*** PROVIDED ENTRIES ***

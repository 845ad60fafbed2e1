-- ===== src/Storage/Secrets.antt =====
-- pkg/storage/driver/secrets.go: the driver that keeps each release in a Secret of Kubernetes. The
-- file repeats cfgmaps.go for Secrets, and differs in the error of Create, which names the release in
-- place of the key.
use helm.Common.{Bytes, Bool, List}
use helm.Release.{Release}
use helm.Result.{Result, Exec}
use helm.Storage.Labels.{Labels}
use helm.Storage.Driver.{Driver}
use helm.Storage.ConfigMaps.{
  created_at, Client, Context, new_object, get_release, list_releases, query_releases,
  create_object, update_release, delete_release,
}

module _ (C : Client) (X : Context C) where
  -- Secrets.Create
  unfoldable pub create_secret : Bytes → Release → Exec C.State (Unit {0})
  unfolding new_object
  create_secret key rls s = create_object C X rls.name s (new_object C X key rls (created_at C X s))

  -- Secrets.Get, Secrets.List, Secrets.Query, Secrets.Update, Secrets.Delete
  abbrev pub get_secret : Bytes → C.State → Result Release
  get_secret = get_release C X

  abbrev pub list_secrets : (Release → Bool) → C.State → Result (List Release)
  list_secrets = list_releases C X

  abbrev pub query_secrets : Labels → C.State → Result (List Release)
  query_secrets = query_releases C X

  abbrev pub update_secret : Bytes → Release → Exec C.State (Unit {0})
  update_secret = update_release C X

  abbrev pub delete_secret : Bytes → Exec C.State Release
  delete_secret = delete_release C X

  -- NewSecrets
  abbrev pub secrets : Driver
  secrets = record {
    State = C.State;
    get = get_secret;
    list = list_secrets;
    query = query_secrets;
    create = create_secret;
    update = update_secret;
    delete = delete_secret;
  }
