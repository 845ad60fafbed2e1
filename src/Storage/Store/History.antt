-- ===== src/Storage/Store/History.antt =====
-- The release that Last and Deployed find.
use helm.Common.{Bytes, codes, Bool, true, false, if◌then◌else◌, List, [], ◌∷◌, ◌≡◌, refl, sym}
use helm.Release.{Release}
use helm.Result.{Result, ok, err, Error, no_revision, no_deployed, bind, mentions}
use helm.Releaseutil.Sorter.{reverse_by, sort_by_revision}
use helm.Releaseutil.Latest.{IsLatest, reverse_by-IsLatest, reverse_by-nil}
use helm.Storage.Driver.{Driver}
use helm.Common.Sort.{sort}
use helm.Storage.Store.{
  Store, first, history, deployed_all, last, deployed_release, latest, or_no_deployed,
}

-- The answer is the latest release of the history, the error where there is none, or the error of
-- the lookup.
abbrev pub IsLastOf : Error → Result (List Release) → Result Release → Type 0
IsLastOf missing (err e) x = x ≡ err e
IsLastOf missing (ok []) x = x ≡ err missing
IsLastOf missing (ok (q ∷ h)) x = (r : Release) × (x ≡ ok r) × IsLatest (q ∷ h) r

first-IsLastOf :
    (missing : Error) (h l : List Release)
    → reverse_by sort_by_revision h ≡ l
    → IsLastOf missing (ok h) (first missing l)
unfolding reverse_by sort_by_revision sort
first-IsLastOf missing [] l e = rw (sym e) (refl)
first-IsLastOf missing (q ∷ h) [] e = absurd (reverse_by-nil q h e)
first-IsLastOf missing (q ∷ h) (r ∷ rest) e = (r, refl, reverse_by-IsLatest (q ∷ h) rest r e)

module _ (D : Driver) (name : Bytes) (s : Store D) where
  last_of :
      (x : Result (List Release))
      → IsLastOf
          (no_revision name)
          x
          (bind x λ h. first (no_revision name) (reverse_by sort_by_revision h))
  last_of (err e) = refl
  last_of (ok h) = first-IsLastOf (no_revision name) h (reverse_by sort_by_revision h) refl

  -- `Last` returns the release of the greatest revision in the history of the name, an error where
  -- the history is empty, and the driver's error where it has one.
  pub last-IsLastOf : IsLastOf (no_revision name) (history D name s) (last D name s)
  unfolding last
  last-IsLastOf = last_of (history D name s)

  no_deployed_of :
      (b : Bool) (e : Error)
      → IsLastOf
          (no_deployed name)
          (if b then err (no_deployed name) else err e)
          (if b then err (no_deployed name) else err e)
  no_deployed_of true e = refl
  no_deployed_of false e = refl

  latest_of :
      (x : Result (List Release))
      → IsLastOf (no_deployed name) (or_no_deployed name x) (latest name x)
  latest_of (err e) = no_deployed_of (mentions (codes "not found") e) e
  latest_of (ok h) = first-IsLastOf (no_deployed name) h (reverse_by sort_by_revision h) refl

  -- `Deployed` returns the release of the greatest revision among the deployed ones of the name.
  -- Where there is none, also where the driver reports that by an error with "not found", the error
  -- says that the name has no deployed releases; any other error is the driver's.
  pub deployed_release-IsLastOf :
      IsLastOf
        (no_deployed name)
        (or_no_deployed name (deployed_all D name s))
        (deployed_release D name s)
  unfolding deployed_release
  deployed_release-IsLastOf = latest_of (deployed_all D name s)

*** End of PROVIDED ENTRIES ***

THE TASK. Retype every record exactly, omitting nothing.

SOLUTION BELOW.
repository 845ad60fafbed2e1
-- ===== src/Storage/Secrets.antt =====
-- pkg/storage/driver/secrets.go: the driver that keeps each release in a Secret of Kubernetes. The
-- file repeats cfgmaps.go for Secrets, and differs in the error of Create, which names the release in
-- place of the key.
use helm.Common.{Bytes, Bool, List}
use helm.Release.{Release}
use helm.Result.{Result, Exec}
use helm.Storage.Labels.{Labels}
use helm.Storage.Driver.{Driver}
use helm.Storage.ConfigMaps.{
  created_at, Client, Context, new_object, get_release, list_releases, query_releases,
  create_object, update_release, delete_release,
}

module _ (C : Client) (X : Context C) where
  -- Secrets.Create
  unfoldable pub create_secret : Bytes → Release → Exec C.State (Unit {0})
  unfolding new_object
  create_secret key rls s = create_object C X rls.name s (new_object C X key rls (created_at C X s))

  -- Secrets.Get, Secrets.List, Secrets.Query, Secrets.Update, Secrets.Delete
  abbrev pub get_secret : Bytes → C.State → Result Release
  get_secret = get_release C X

  abbrev pub list_secrets : (Release → Bool) → C.State → Result (List Release)
  list_secrets = list_releases C X

  abbrev pub query_secrets : Labels → C.State → Result (List Release)
  query_secrets = query_releases C X

  abbrev pub update_secret : Bytes → Release → Exec C.State (Unit {0})
  update_secret = update_release C X

  abbrev pub delete_secret : Bytes → Exec C.State Release
  delete_secret = delete_release C X

  -- NewSecrets
  abbrev pub secrets : Driver
  secrets = record {
    State = C.State;
    get = get_secret;
    list = list_secrets;
    query = query_secrets;
    create = create_secret;
    update = update_secret;
    delete = delete_secret;
  }
repository 845ad60fafbed2e1
filename src/Storage/Store/History.antt
-- ===== src/Storage/Store/History.antt =====
-- The release that Last and Deployed find.
use helm.Common.{Bytes, codes, Bool, true, false, if◌then◌else◌, List, [], ◌∷◌, ◌≡◌, refl, sym}
use helm.Release.{Release}
use helm.Result.{Result, ok, err, Error, no_revision, no_deployed, bind, mentions}
use helm.Releaseutil.Sorter.{reverse_by, sort_by_revision}
use helm.Releaseutil.Latest.{IsLatest, reverse_by-IsLatest, reverse_by-nil}
use helm.Storage.Driver.{Driver}
use helm.Common.Sort.{sort}
use helm.Storage.Store.{
  Store, first, history, deployed_all, last, deployed_release, latest, or_no_deployed,
}

-- The answer is the latest release of the history, the error where there is none, or the error of
-- the lookup.
abbrev pub IsLastOf : Error → Result (List Release) → Result Release → Type 0
IsLastOf missing (err e) x = x ≡ err e
IsLastOf missing (ok []) x = x ≡ err missing
IsLastOf missing (ok (q ∷ h)) x = (r : Release) × (x ≡ ok r) × IsLatest (q ∷ h) r

first-IsLastOf :
    (missing : Error) (h l : List Release)
    → reverse_by sort_by_revision h ≡ l
    → IsLastOf missing (ok h) (first missing l)
unfolding reverse_by sort_by_revision sort
first-IsLastOf missing [] l e = rw (sym e) (refl)
first-IsLastOf missing (q ∷ h) [] e = absurd (reverse_by-nil q h e)
first-IsLastOf missing (q ∷ h) (r ∷ rest) e = (r, refl, reverse_by-IsLatest (q ∷ h) rest r e)

module _ (D : Driver) (name : Bytes) (s : Store D) where
  last_of :
      (x : Result (List Release))
      → IsLastOf
          (no_revision name)
          x
          (bind x λ h. first (no_revision name) (reverse_by sort_by_revision h))
  last_of (err e) = refl
  last_of (ok h) = first-IsLastOf (no_revision name) h (reverse_by sort_by_revision h) refl

  -- `Last` returns the release of the greatest revision in the history of the name, an error where
  -- the history is empty, and the driver's error where it has one.
  pub last-IsLastOf : IsLastOf (no_revision name) (history D name s) (last D name s)
  unfolding last
  last-IsLastOf = last_of (history D name s)

  no_deployed_of :
      (b : Bool) (e : Error)
      → IsLastOf
          (no_deployed name)
          (if b then err (no_deployed name) else err e)
          (if b then err (no_deployed name) else err e)
  no_deployed_of true e = refl
  no_deployed_of false e = refl

  latest_of :
      (x : Result (List Release))
      → IsLastOf (no_deployed name) (or_no_deployed name x) (latest name x)
  latest_of (err e) = no_deployed_of (mentions (codes "not found") e) e
  latest_of (ok h) = first-IsLastOf (no_deployed name) h (reverse_by sort_by_revision h) refl

  -- `Deployed` returns the release of the greatest revision among the deployed ones of the name.
  -- Where there is none, also where the driver reports that by an error with "not found", the error
  -- says that the name has no deployed releases; any other error is the driver's.
  pub deployed_release-IsLastOf :
      IsLastOf
        (no_deployed name)
        (or_no_deployed name (deployed_all D name s))
        (deployed_release D name s)
  unfolding deployed_release
  deployed_release-IsLastOf = latest_of (deployed_all D name s)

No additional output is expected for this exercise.